Sir Walter Scott, Percy Bysshe Shelley and John Keats are all poets one will typically find in high school literature textbooks. Textbooks for younger children often include poems by Langston Hughes, Shel Silverstein and Ogden Nash. Teachers expose students to many types of poetry--from short haiku to lengthy Old and Middle English ballads. Children learn about rhyme, meter, symbolism and many other poetic devices by studying the poetry and using the poems they study as a stepping-off point to create their own poems. One of the most well-known poems students study in high school is the epic poem The Iliad, accompanied by its counterpart The Odyssey.

Non-fiction

Nonfiction is a major part of any English departments curriculum. Students read examples of many different kinds of nonfiction. Autobiographies and biographies are introduced in the early grades, with textbooks featuring biographies of many of the authors that are studied. Autobiographical statements also accompany many of the selections.

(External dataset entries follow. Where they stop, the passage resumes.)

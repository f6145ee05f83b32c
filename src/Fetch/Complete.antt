-- ===== src/Fetch/Complete.antt =====
-- `_fetch_adaptive_date_range` ends, and what it then has.
use bagelquant_data.Prelude.{
  ℕ, zero, suc, ◌+◌, ◌-◌, ◌≤◌, ◌<◌, ◌≡◌, refl, ap, sym, ◌∙◌, true, false, ◌&&◌, ◌||◌, ◌⊎◌, inl, inr,
  Option, none, some, List, [], ◌∷◌, ◌++◌, arith, ◌==◌, ltb, leb, length, if◌then◌else◌, Bool-cases,
  is_some, &&-true, Option-cases,
}
use bagelquant_data.Fetch.Page.{
  KeyPart, Request, is_success, Problem, FetchPage, Outside, PageOptions, bound_pages, all_success,
}
use bagelquant_data.Fetch.One.{fetch_one}
use bagelquant_data.Fetch.Adaptive.{
  Span, EmptyRangePolicy, bisects, left_half, right_half, row_limit_of, discard, ranged, fetch_leaf,
  refused, is_known, adaptive_from, fetch_adaptive_date_range, both,
}
use bagelquant_data.Fetch.Kept.{within, holding, bounded_kept, Holding}
use bagelquant_data.Fetch.Coverage.{Returns, adaptive_from-Holding}

length-append {ℓ} : {A : Type ℓ} (xs ys : List A) → length (xs ++ ys) ≡ length xs + length ys
length-append [] ys = omega arith
length-append (x ∷ xs) ys = omega (arith, length-append xs ys)

both_given : (x y : Option ℕ) (p : ℕ × ℕ) → both x y ≡ some p → (x ≡ some p.0) × (y ≡ some p.1)
both_given none y p h = absurd (cc h)
both_given (some a) none p h = absurd (cc h)
both_given (some a) (some b) p h = (cc h, cc h)

module _ {Frame W : Type 0} (env : Outside Frame W) (options : PageOptions)
    (policy : EmptyRangePolicy) (request : Request) (key : List KeyPart) where
  -- Each iteration appends a page.
  adaptive_from-returns :
      (fuel : ℕ) (pending : List Span) (pages : List (FetchPage Frame)) (w : W)
      → 0 < fuel
      → options.max_pages < fuel + length pages
      → is_some (adaptive_from env options policy request key fuel pending pages w) ≡ true
  unfolding adaptive_from
  adaptive_from-returns zero [] pages w some_fuel enough = refl
  adaptive_from-returns (suc fuel) [] pages w some_fuel enough = refl
  adaptive_from-returns zero (s ∷ pending) pages w some_fuel enough =
      absurd (omega (arith, some_fuel))
  adaptive_from-returns (suc fuel) (s ∷ pending) pages w some_fuel enough =
      let got =
        fetch_one env (ranged env options policy request key s) s.key options.max_retries false w in
      let all_pages = pages ++ got.0 ∷ [] in
      let bounded = bound_pages env options.buffer_limit_bytes key request all_pages in
      let short = leb (s.upper - s.lower) options.minimum_window_days in
      let dropped = pages ++ discard env options policy got.0 ∷ [] in
      elim (Bool-cases (leb options.max_pages (length pages))) [
        | inl full ↦ rw (full, adaptive_from) refl
        | inr room ↦
            let more_fuel : 0 < fuel = ground (arith, room, enough) in
            elim (Bool-cases (bounded.0 && is_success got.0.status)) [
              | inr bad ↦ rw (room, bad, adaptive_from) refl
              | inl fine ↦
                  elim (Bool-cases (
                    if got.0.row_count == 0 && bisects policy
                    then short
                    else ltb got.0.row_count (row_limit_of options))) [
                      | inl done ↦
                          rw (room, fine, done, adaptive_from)
                            (adaptive_from-returns fuel pending bounded.1 got.1 more_fuel (
                              omega (
                                arith,
                                enough,
                                length-append pages (got.0 ∷ []),
                                ap length (
                                    bounded_kept env options.buffer_limit_bytes key request
                                      all_pages
                                      (&&-true bounded.0 (is_success got.0.status) fine).0),
                              )))
                      | inr more ↦ elim (Bool-cases short) [
                        | inr wide ↦
                            rw (room, fine, more, wide, adaptive_from)
                              (adaptive_from-returns fuel (left_half s ∷ right_half s ∷ pending)
                                dropped got.1 more_fuel
                                (omega (
                                  arith,
                                  enough,
                                  length-append pages (discard env options policy got.0 ∷ []),
                                )))
                        | inl narrow ↦
                            let deep = fetch_leaf env options policy request key s got.1 in
                            let all =
                              bound_pages env options.buffer_limit_bytes key request
                                (dropped ++ deep.0) in
                            elim (Bool-cases (all.0 && all_success all.1)) [
                              | inr bad ↦ rw (room, fine, more, narrow, bad, adaptive_from) refl
                              | inl good ↦
                                  rw (room, fine, more, narrow, good, adaptive_from)
                                    (adaptive_from-returns fuel pending all.1 deep.1 more_fuel (
                                      omega (
                                        arith,
                                        enough,
                                        length-append pages (discard env options policy got.0 ∷ []),
                                        length-append dropped deep.0,
                                        ap length (
                                            bounded_kept env options.buffer_limit_bytes key request
                                              (dropped ++ deep.0)
                                              (&&-true all.0 (all_success all.1) good).0),
                                      )))
                            ]
                      ]
                    ]
            ]
      ]

  Refuses : W → Option (List (FetchPage Frame) × W) → Type 0
  Refuses w r = (p : Problem) × (r ≡ refused env options policy request key w p)

  Loops : W → Option (List (FetchPage Frame) × W) → Type 0
  Loops w r =
      (a b : ℕ) × (request.start ≡ some a)
      × (request.end ≡ some b)
      × (a ≤ b)
      × (0 < row_limit_of options)
      × (r
          ≡ adaptive_from env options policy request key (options.max_pages + 1)
              (record { lower = a; upper = b; key = key } ∷ []) [] w)

  -- A guard refuses the request, or the loop runs.
  fetch_adaptive_date_range-cases :
      (w : W)
      → Refuses w (fetch_adaptive_date_range env options policy request key w)
        ⊎ Loops w (fetch_adaptive_date_range env options policy request key w)
  unfolding Refuses Loops fetch_adaptive_date_range
  fetch_adaptive_date_range-cases w = elim (Bool-cases (is_known policy)) [
    | inr other ↦ inl (Problem.bad_policy, rw (other, fetch_adaptive_date_range) refl)
    | inl known ↦ elim (Bool-cases (row_limit_of options == 0 || options.max_pages == 0)) [
      | inl bad ↦ inl (Problem.bad_limits, rw (known, bad, fetch_adaptive_date_range) refl)
      | inr good ↦ elim (Option-cases (both request.start request.end)) [
        | inl gone ↦
            inl (Problem.missing_bounds, rw (known, good, gone, fetch_adaptive_date_range) refl)
        | inr (bounds, given) ↦ elim (Bool-cases (ltb bounds.1 bounds.0)) [
          | inl crossed ↦ inl (
            Problem.start_after_end,
            rw (known, good, given, crossed, fetch_adaptive_date_range) refl,
          )
          | inr fine ↦
              let ends = both_given request.start request.end bounds given in
              inr (
                bounds.0,
                bounds.1,
                ends.0,
                ends.1,
                ground (arith, fine),
                ground (arith, good),
                rw (known, good, given, fine, fetch_adaptive_date_range) refl,
              )
        ]
      ]
    ]
  ]

  -- The fuel of `fetch_adaptive_date_range` suffices: it returns, whatever the provider answers.
  pub fetch_adaptive_date_range-returns :
      (w : W) → is_some (fetch_adaptive_date_range env options policy request key w) ≡ true
  unfolding Refuses Loops
  fetch_adaptive_date_range-returns w = elim (fetch_adaptive_date_range-cases w) [
    | inl refusal ↦ rw refusal.1 refl
    | inr (a, b, from, to, le, limited, runs) ↦ rw runs (
        adaptive_from-returns (options.max_pages + 1)
          (record { lower = a; upper = b; key = key } ∷ []) [] w (omega arith) (omega arith))
  ]

  -- If an adaptive fetch of a request without an offset of its own has only successful pages, then each
  -- day of the requested range, and no other day, is held by exactly one window of kept pages: pages
  -- that are not discarded, counted by the first page where a window has several offset pages.
  pub holding-fetch_adaptive_date_range :
      (w : W) (r : List (FetchPage Frame) × W)
      → request.offset ≡ none
      → fetch_adaptive_date_range env options policy request key w ≡ some r
      → all_success r.0 ≡ true
      → (d : ℕ)
      → holding options.offset_start d r.0 ≡ (if within d request.start request.end then 1 else 0)
  unfolding Refuses Loops
  holding-fetch_adaptive_date_range w r bare returns good d =
      elim (fetch_adaptive_date_range-cases w) [
        | inl refusal ↦ absurd (cc (sym returns ∙ refusal.1, good))
        | inr (a, b, from, to, le, limited, runs) ↦
            of_Returns (sym runs ∙ returns)
              (adaptive_from-Holding env options policy request key bare limited d
                (options.max_pages + 1) (record { lower = a; upper = b; key = key } ∷ []) [] w
                (le, tt))
              good
            ∙ rw (from, to) (omega arith)
      ]
    where
      of_Returns :
          {n : ℕ} {o : Option (List (FetchPage Frame) × W)}
          → o ≡ some r
          → Returns (Holding env options.offset_start d n) o
          → Holding env options.offset_start d n r
      of_Returns e h = rw e at h
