-- ===== src/Fetch/Tests.antt =====
-- Fetches from a provider with one row for each day, which returns at most three rows.
use bagelquant_data.Prelude.{
  ℕ, ◌+◌, ◌-◌, ◌≡◌, refl, Bool, true, false, Option, none, some, List, [], ◌∷◌, min, map,
  if◌then◌else◌, is_some,
}
use bagelquant_data.Fetch.Page.{Request, FetchPage, Answer, Outside, PageOptions, bound_pages}
use bagelquant_data.Fetch.One.{fetch_one}
use bagelquant_data.Fetch.Attempts.{IsCounter, Accounted, fetch_one-Accounted}
use bagelquant_data.Fetch.Adaptive.{EmptyRangePolicy, fetch_adaptive_date_range}
use bagelquant_data.Fetch.Kept.{within, holding}
use bagelquant_data.Fetch.Complete.{
  fetch_adaptive_date_range-returns, holding-fetch_adaptive_date_range,
}

abbrev days_in : Request → ℕ
days_in r = elim r.start [ none ↦ 0 | some a ↦ elim r.end [ none ↦ 0 | some b ↦ b + 1 - a ] ]

-- A frame is its height; the world counts the calls.
abbrev daily : Outside ℕ ℕ
daily = record {
  cancelled = λ w. (false, w);
  admitted = λ w. (true, w);
  backed_off = λ w. (true, w);
  fetch = λ r w. (Answer.returned (min (days_in r) 3), w + 1);
  height = λ f. f;
  estimated_size = λ f. f;
  digest = λ f. f;
}

abbrev small : PageOptions
small = record {
  page_size = 10;
  offset_start = 0;
  max_pages = 20;
  row_limit = some 3;
  minimum_window_days = 0;
  buffer_limit_bytes = 100;
  require_nonempty_response = false;
  max_retries = 2;
}

abbrev five_days : Request
five_days = record { start = some 11; end = some 15; limit = none; offset = none; other = 0 }

-- The pages of the days 11 to 15, which are more than the provider returns at once.
five_pages : List (FetchPage ℕ) × ℕ
unfolding fetch_adaptive_date_range
five_pages =
    elim (fetch_adaptive_date_range daily small EmptyRangePolicy.accept five_days [] 0)
      as (λ _. List (FetchPage ℕ) × ℕ) [ none ↦ ([], 0) | some r ↦ r ]

-- The whole range is split, then its first three days are.
windows-five_pages :
    map {B = Option ℕ × (Option ℕ × Bool)}
      (λ p. (p.request_params.start, (p.request_params.end, p.discarded)))
      five_pages.0
    ≡ (some 11, (some 15, true))
      ∷ (some 11, (some 13, true))
      ∷ (some 11, (some 12, false))
      ∷ (some 13, (some 13, false))
      ∷ (some 14, (some 15, false))
      ∷ []
unfolding five_pages bound_pages fetch_one
windows-five_pages = refl

fetch_adaptive_date_range-returns_example :
    is_some (fetch_adaptive_date_range daily small EmptyRangePolicy.accept five_days [] 0) ≡ true
fetch_adaptive_date_range-returns_example =
    fetch_adaptive_date_range-returns daily small EmptyRangePolicy.accept five_days [] 0

holding-fetch_adaptive_date_range_example :
    holding 0 13 five_pages.0 ≡ (if within 13 (some 11) (some 15) then 1 else 0)
unfolding five_pages fetch_adaptive_date_range bound_pages fetch_one
holding-fetch_adaptive_date_range_example =
    holding-fetch_adaptive_date_range daily small EmptyRangePolicy.accept five_days [] 0 five_pages
      refl refl refl 13

daily-IsCounter : IsCounter daily (λ w. w)
daily-IsCounter = record {
  on_cancelled = λ w. refl;
  on_admitted = λ w. refl;
  on_backed_off = λ w. refl;
  on_fetch = λ r w. refl;
}

fetch_one-Accounted_example :
    Accounted daily (λ w. w) 0 2 0 (fetch_one daily five_days [] 2 false 0)
fetch_one-Accounted_example =
    fetch_one-Accounted daily (λ w. w) daily-IsCounter five_days [] 2 false 0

English teachers also use nonfiction to tie their curriculum into other core subjects, such as science, social studies and math. Students read selections that detail how to perform a task as well as stories of real-life adventures and historical events.

Drama

English teachers begin to teach drama as early as kindergarten by helping students learn to participate in short finger plays and choral readings. Plays get progressively longer and more complex as students advance through the primary grades. By high school, students are reading plays, such as Shakespeares Romeo and Juliet, Thornton Wilders Our Town and George Bernard Shaws Pygmalion. Teachers emphasize sequence and plot in the primary grades and teach dramatic themes and character development later on, including the historical background embedded in the plays.

Short Story

It is doubtful that any high school students graduate without having read short works by Ray Bradbury, Amy Tan and Edgar Allen Poe. Teachers commonly select the short stories they teach from literature anthologies in the form of textbooks. These anthologies include short stories in numerous genres, including science fiction, fantasy, horror and realism. Teachers who teach earlier grades can choose from a variety of folk tales and excerpts from longer fiction selections, such as Laura Ingalls Wilders Little House on the

Prairie, in addition to modern selections that may or may not have been written expressly for the literature textbook.

Long Fiction

Long fiction does not begin to appear in English literature textbooks until middle school. Teachers may find teaching long fiction difficult, due to student absences, schedule changes, standardized testing and other interruptions that may disrupt students study of the piece. Author Maya Angelou's story I Know Why the Caged Bird Sings, appears in many high school anthologies, as does Henry David Thoreau's Walden.Teachers also teach Pearl S. Bucks, The Good Earth, William Goldings Lord of the Flies and John Steinbecks Of Mice and Men in many schools. The novels a teacher chooses to will depend on the grade she is teaching as well as whether or not the class is an advanced placement course.